Time forced us to divvy up much of the decision-making responsibility. Wim and I divided tasks by giving each other “honeydew” lists, the catchy little phrase meaning, “Honey, do this,” and “Honey, do that”—or, more accurately, “Please do all the tedious crap I don’t want to do.” I was anointed Queen of Color, charged with overseeing everything related to hue and desig
n. Even things as mundane as door hinges. Wim was relegated to anything I found even more boring than hinges, like fireplaces, insulation, and stereo systems.
Wim and I habitually debriefed one another on each day’s progress by phone or email. What did the plumber say about the mudroom faucet? Do we have an estimate for the exterior stone? What type of windows should we order? I liked working as a team—solving construction problems together, bonding over plumbing and electrical.
We spent one evening huddled in front of our computer in our home office, researching energy-efficient windows. Sitting there beside my husband, I recalled our early years together, when we’d been forced to make tough decisions about whether and how to continue our long-distance relationship. Now we were making decisions on double- versus triple-pane windows.
As I studied Consumer Reports window-buying tips on the computer and Wim foraged in the fridge for a snack, an email from Luke arrived in my inbox. My heart skipped a beat as I read his message.
In my last email about light fixtures, I had inadvertently omitted the letter “c,” typing scones instead of sconces. Luke had just replied, Do you want jelly on your scones, and how do you take your tea?
In the previous couple of months, our emails had become less formal and more playful. Typos had become our own little in-joke. It was fun to flirt in a way that I hadn’t in a long time. It was a thrill to detect an interest aimed in both directions. The connection between us left me feeling giddy.
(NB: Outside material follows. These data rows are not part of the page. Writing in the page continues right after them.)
-- ===== src/Shared/Validate/Accepts.antt =====
-- Exactly which configurations `validate_config` accepts, and how it completes them.
use tikka_contracts.Prelude.{
  ℕ, ◌+◌, ◌^◌, ◌≤◌, ◌<◌, ◌≡◌, ltb, if◌then◌else◌, is_some, All, ◌≢◌, refl, ◌↔◌, ◌⊎◌, Bool, true,
  false, Option, none, some, List, [], ◌∷◌, length, arith, or_else,
}
use tikka_contracts.Prelude.Int.{◌≤ℤ◌}
use tikka_contracts.Prelude.Outcome.{ok, err, ◌>>=◌}
use tikka_contracts.Shared.Types.{
  Address, Bytes, is_external, RaffleConfig, TicketBundle, RandomnessSource, resolve_defaults,
}
use tikka_contracts.Shared.Constants.{min_ticket_price, max_prize_amount}
use tikka_contracts.Shared.Validate.{
  invalid_parameters, validate_category, validate_schedule, validate_supply, validate_pricing,
  validate_parties, validate_windows, validate_config, check_bundles, sum_prizes, check_oracle,
  validate_category, bytes_eq, zero_hash, with_address_cap, is_category_byte, all_category_bytes,
}

-- The sum of the prizes' basis points.
abbrev pub sum : List ℕ → ℕ
sum [] = 0
sum (x ∷ xs) = x + sum xs

-- The checked sum is the sum where it fits a `u32`, and an error otherwise.
sum_prizes_lem :
    (total : ℕ) (bps : List ℕ)
    → total < 2 ^ 32
    → sum_prizes total bps
      ≡ (if ltb (total + sum bps) (2 ^ 32) then ok (total + sum bps) else err invalid_parameters)
unfolding sum_prizes ◌>>=◌
sum_prizes_lem total [] h = ground arith
sum_prizes_lem total (bp ∷ bps) h = ground (arith, sum_prizes_lem (total + bp) bps)

-- Bundles that grow in size and never in price.
abbrev pub IsLadder : Option TicketBundle → List TicketBundle → Type 0
IsLadder previous [] = Unit
IsLadder none (b ∷ bs) =
    (0 < b.quantity) × (min_ticket_price ≤ℤ b.price_per_ticket) × IsLadder (some b) bs
IsLadder (some a) (b ∷ bs) =
    (a.quantity < b.quantity)
    × (min_ticket_price ≤ℤ b.price_per_ticket)
    × (b.price_per_ticket ≤ℤ a.price_per_ticket)
    × IsLadder (some b) bs

pub record IsPriced (c : RaffleConfig) : Type 0 where
  pub priced : min_ticket_price ≤ℤ c.ticket_price
  pub covered : c.ticket_price ≤ℤ c.prize_amount
  pub payable : c.prize_amount ≤ℤ max_prize_amount
  pub some_prizes : 0 < length c.prizes
  pub few_prizes : length c.prizes ≤ 100
  pub whole : sum c.prizes ≡ 10_000
  pub fee : c.protocol_fee_bp ≤ 10_000
  pub treasury : 0 < c.protocol_fee_bp → is_some c.treasury_address ≡ true
  pub few_bundles : length c.bundles ≤ 16
  pub ladder : IsLadder none c.bundles

pub record IsSupplied (c : RaffleConfig) : Type 0 where
  pub some_tickets : 0 < c.max_tickets
  pub few_tickets : c.max_tickets ≤ 100_000
  pub range : c.min_tickets ≤ c.max_tickets
  pub some_per_tx : 0 < c.max_tickets_per_tx
  pub few_per_tx : c.max_tickets_per_tx ≤ c.max_tickets
  pub per_address : c.max_tickets_per_address ≤ c.max_tickets

pub record IsScheduled (now : ℕ) (c : RaffleConfig) : Type 0 where
  pub described : length c.description ≤ 1_000
  pub deadline : c.no_deadline ≡ false → now < c.end_time
  pub open_ended : c.no_deadline ≡ true → c.end_time ≡ 0

-- The windows as they are stored: a lockup of at most seven days, and an expiry of thirty or more
-- that lies behind it.
pub record IsWindowed (c : RaffleConfig) : Type 0 where
  pub lockup : or_else c.claim_lockup_seconds 3_600 ≤ 604_800
  pub expiry : 2_592_000 ≤ or_else c.claim_expiry_seconds 2_592_000
  pub expiry_after : or_else c.claim_lockup_seconds 3_600 < or_else c.claim_expiry_seconds 2_592_000
  pub swap : or_else c.swap_deadline_seconds 300 ≤ 3_600

ladder_lem :
    (p : Option TicketBundle) (bs : List TicketBundle)
    → (check_bundles p bs ≡ ok tt) ↔ IsLadder p bs
unfolding check_bundles ◌>>=◌
ladder_lem none [] = (λ h. tt, λ h. refl)
ladder_lem (some a) [] = (λ h. tt, λ h. refl)
ladder_lem none (b ∷ bs) =
    let ih = ladder_lem (some b) bs in (λ h. ground (arith, ih), λ h. ground (arith, ih))
ladder_lem (some a) (b ∷ bs) =
    let ih = ladder_lem (some b) bs in (λ h. ground (arith, ih), λ h. ground (arith, ih))

schedule_lem : (now : ℕ) (c : RaffleConfig) → (validate_schedule now c ≡ ok tt) ↔ IsScheduled now c
unfolding validate_schedule ◌>>=◌
schedule_lem now c = (λ h. ground arith, λ h. ground arith)

supply_lem : (c : RaffleConfig) → (validate_supply c ≡ ok tt) ↔ IsSupplied c
unfolding validate_supply ◌>>=◌
supply_lem c = (λ h. ground arith, λ h. ground arith)

pricing_lem : (c : RaffleConfig) → (validate_pricing c ≡ ok tt) ↔ IsPriced c
unfolding validate_pricing ◌>>=◌
pricing_lem c = (
  (λ h. ground (arith, sum_prizes_lem 0 c.prizes, ladder_lem none c.bundles)),
  (λ h. ground (arith, sum_prizes_lem 0 c.prizes, ladder_lem none c.bundles)),
)

windows_lem : (c : RaffleConfig) → (validate_windows c ≡ ok tt) ↔ IsWindowed c
unfolding validate_windows ◌>>=◌
windows_lem c = (λ h. ground arith, λ h. ground arith)

bytes_eq_iff : (xs ys : Bytes) → (bytes_eq xs ys ≡ true) ↔ (xs ≡ ys)
unfolding bytes_eq
bytes_eq_iff [] [] = (λ h. refl, λ h. refl)
bytes_eq_iff [] (y ∷ ys) = (λ h. cc, λ h. cc)
bytes_eq_iff (x ∷ xs) [] = (λ h. cc, λ h. cc)
bytes_eq_iff (x ∷ xs) (y ∷ ys) =
    (λ h. ground (arith, bytes_eq_iff xs ys), λ h. ground (arith, bytes_eq_iff xs ys))

-- External randomness needs an oracle that is not the raffle itself; other modes admit none.
abbrev pub OracleFits : Bool → Option Address → Option Address → Type 0
OracleFits true self none = ⊥
OracleFits true none (some a) = Unit
OracleFits true (some b) (some a) = a ≢ b
OracleFits false self none = Unit
OracleFits false self (some a) = ⊥

-- A digit, a letter or a hyphen.
abbrev pub IsCategoryByte : ℕ → Type 0
IsCategoryByte b = ((48 ≤ b) × (b ≤ 57)) ⊎ ((65 ≤ b) × (b ≤ 90)) ⊎ ((97 ≤ b) × (b ≤ 122)) ⊎ (b ≡ 45)

abbrev pub CategoryFits : Option Bytes → Type 0
CategoryFits none = Unit
CategoryFits (some category) =
    (0 < length category) × (length category ≤ 32) × All IsCategoryByte category

pub record HasParties (has_decimals : Address → Bool) (self : Option Address) (c : RaffleConfig)
    : Type 0 where
  pub oracle : OracleFits (is_external c.randomness_source) self c.oracle_address
  pub hashed : c.metadata_hash ≢ zero_hash
  pub category : CategoryFits c.category
  pub token : has_decimals c.payment_token ≡ true

oracle_lem :
    (self : Option Address) (source : RandomnessSource) (oracle : Option Address)
    → (check_oracle self source oracle ≡ ok tt) ↔ OracleFits (is_external source) self oracle
unfolding check_oracle ◌>>=◌
oracle_lem none source oracle = (λ h. ground arith, λ h. ground arith)
oracle_lem (some b) source oracle = (λ h. ground arith, λ h. ground arith)

category_byte_lem : (b : ℕ) → (is_category_byte b ≡ true) ↔ IsCategoryByte b
unfolding is_category_byte
category_byte_lem b = (λ h. ground arith, λ h. ground arith)

category_bytes_lem : (bs : Bytes) → (all_category_bytes bs ≡ true) ↔ All IsCategoryByte bs
unfolding all_category_bytes
category_bytes_lem [] = (λ h. tt, λ h. refl)
category_bytes_lem (b ∷ bs) =
    let ih = category_bytes_lem bs in (λ h. ground (arith, ih), λ h. ground (arith, ih))

category_lem :
    (category : Option Bytes) → (validate_category category ≡ ok tt) ↔ CategoryFits category
unfolding validate_category ◌>>=◌
category_lem none = (λ h. tt, λ h. refl)
category_lem (some bs) =
    let all = category_bytes_lem bs in (λ h. ground (arith, all), λ h. ground (arith, all))

pub windows_resolved :
    (c : RaffleConfig) → IsWindowed (resolve_defaults (with_address_cap c)) ↔ IsWindowed c
unfolding resolve_defaults
windows_resolved c = (λ h. ground arith, λ h. ground arith)

parties_lem :
    (has_decimals : Address → Bool) (self : Option Address) (c : RaffleConfig)
    → (validate_parties has_decimals self c ≡ ok tt) ↔ HasParties has_decimals self c
unfolding validate_parties ◌>>=◌
parties_lem has_decimals self c =
    let o = oracle_lem self c.randomness_source c.oracle_address in
    let e = bytes_eq_iff c.metadata_hash zero_hash in
    let k = category_lem c.category in (λ h. ground (arith, o, e, k), λ h. ground (arith, o, e, k))

-- What `validate_config` asks of a configuration.
pub record IsAcceptable (now : ℕ) (has_decimals : Address → Bool) (self : Option Address)
    (c : RaffleConfig) : Type 0 where
  pub schedule : IsScheduled now c
  pub supply : IsSupplied (with_address_cap c)
  pub pricing : IsPriced c
  pub parties : HasParties has_decimals self c
  pub windows : IsWindowed c

-- `validate_config` accepts exactly the configurations of `IsAcceptable`, and then returns the
-- configuration with the one-ticket cap and the default windows filled in.
pub validate_config_iff :
    (now : ℕ) (has_decimals : Address → Bool) (self : Option Address) (c d : RaffleConfig)
    → (validate_config now has_decimals c self ≡ ok d)
      ↔ (IsAcceptable now has_decimals self c × (resolve_defaults (with_address_cap c) ≡ d))
unfolding validate_config ◌>>=◌
validate_config_iff now has_decimals self c d =
    let s = schedule_lem now c in
    let u = supply_lem (with_address_cap c) in
    let p = pricing_lem c in
    let q = parties_lem has_decimals self c in
    let w = windows_lem (resolve_defaults (with_address_cap c)) in
    let r = windows_resolved c in
    (λ h. ground (arith, s, u, p, q, w, r), λ h. ground (arith, s, u, p, q, w, r))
I was smiling, trying to think of a clever comeback, when Wim entered the room holding a red apple. I scrambled to turn off my email, then asked myself why. It’s just an innocent email, I reminded myself. But if I thought it might make Wim uncomfortable, did that make it wrong? I had to admit, I was getting emotional satisfaction from my relationship with Luke. I loved Wim, but our marriage had become so routine it was like a restaurant menu that never changed. I wasn’t looking to make a complete overhaul—just to spice things up a little.